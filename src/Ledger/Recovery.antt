-- ===== src/Ledger/Recovery.antt =====
-- `RecoveryReport` and the replay of the log: the visitor in the constructor of `Ledger`.
pub mod Replay
use iron_ledger.Common.{
  ℕ, ◌+◌, Bool, true, false, not, ◌||◌, Option, none, some, List, [], ◌∷◌, ◌==◌, if◌then◌else◌,
}
use iron_ledger.Device.{SimDevice}
use iron_ledger.Wal.Scan.{ScanStop, ScanResult, clean_end, Visitor, scan_log}
use iron_ledger.Ledger.Modes.{
  SubmitStatus, ok, duplicate, bad_posting_count, unbalanced, insufficient_funds,
}
use iron_ledger.Ledger.Transfer.{Transfer, decode_transfer}
use iron_ledger.Ledger.Book.{Book, empty_book, validate, apply}

-- kRecTransfer
abbrev pub rec_transfer : ℕ
rec_transfer = 1

pub record RecoveryReport : Type 0 where
  pub records_applied : ℕ
  pub valid_bytes : ℕ
  pub stop : ScanStop
  pub payload_parse_error : ℕ
  pub duplicate_key_in_log : ℕ
  pub unbalanced_in_log : ℕ
  pub negative_balance_in_log : ℕ

-- RecoveryReport{}
abbrev pub empty_report : RecoveryReport
empty_report = record {
  records_applied = 0;
  valid_bytes = 0;
  stop = clean_end;
  payload_parse_error = 0;
  duplicate_key_in_log = 0;
  unbalanced_in_log = 0;
  negative_balance_in_log = 0;
}

-- corruption_admitted
unfoldable pub corruption_admitted : RecoveryReport → Bool
corruption_admitted r =
    not (r.payload_parse_error == 0)
    || not (r.duplicate_key_in_log == 0)
    || not (r.unbalanced_in_log == 0)
    || not (r.negative_balance_in_log == 0)

abbrev pub Replay : Type 0
Replay = Book × RecoveryReport

-- The switch on the verdict of `Validate`, with what follows it.
unfoldable pub replay_status : SubmitStatus → Transfer → Book → RecoveryReport → Replay × Bool
replay_status ok t b r = ((apply t b, record r { records_applied = r.records_applied + 1 }), true)
replay_status duplicate t b r =
    ((b, record r { duplicate_key_in_log = r.duplicate_key_in_log + 1 }), false)
replay_status bad_posting_count t b r =
    ((b, record r { unbalanced_in_log = r.unbalanced_in_log + 1 }), false)
replay_status unbalanced t b r =
    ((b, record r { unbalanced_in_log = r.unbalanced_in_log + 1 }), false)
replay_status insufficient_funds t b r =
    ((b, record r { negative_balance_in_log = r.negative_balance_in_log + 1 }), false)

-- The visitor from the decoded payload on; `none` is a payload that is no transfer.
unfoldable pub replay_decoded : Option Transfer → Book → RecoveryReport → Replay × Bool
replay_decoded none b r = ((b, record r { payload_parse_error = r.payload_parse_error + 1 }), false)
replay_decoded (some t) b r = replay_status (validate t b) t b r

-- The visitor.
unfoldable pub replay_record : Visitor Replay
replay_record (b, r) lsn type payload =
    if not (type == rec_transfer)
    then ((b, record r { payload_parse_error = r.payload_parse_error + 1 }), false)
    else replay_decoded (decode_transfer payload) b r

-- The scan of the constructor: the state that the log determines, the report, and the offset at
-- which the writer goes on.
unfoldable pub recover : SimDevice → Bool → RecoveryReport → Replay × ℕ
recover d verify_crc report =
    let (sr, (b, r)) = scan_log d verify_crc replay_record (empty_book, report) in
    ((b, record r { stop = sr.stop; valid_bytes = sr.valid_bytes }), sr.valid_bytes)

^^^^

▶ [EXERCISE DIRECTIONS]:
In the listing above, find the line with "replay_decoded (some t)" and the line with "else replay_decoded (decode_transfer", then reproduce both and every line between them exactly.

▶ [WRITTEN SOLUTION]:
replay_decoded (some t) b r = replay_status (validate t b) t b r

-- The visitor.
unfoldable pub replay_record : Visitor Replay
replay_record (b, r) lsn type payload =
    if not (type == rec_transfer)
    then ((b, record r { payload_parse_error = r.payload_parse_error + 1 }), false)
    else replay_decoded (decode_transfer payload) b r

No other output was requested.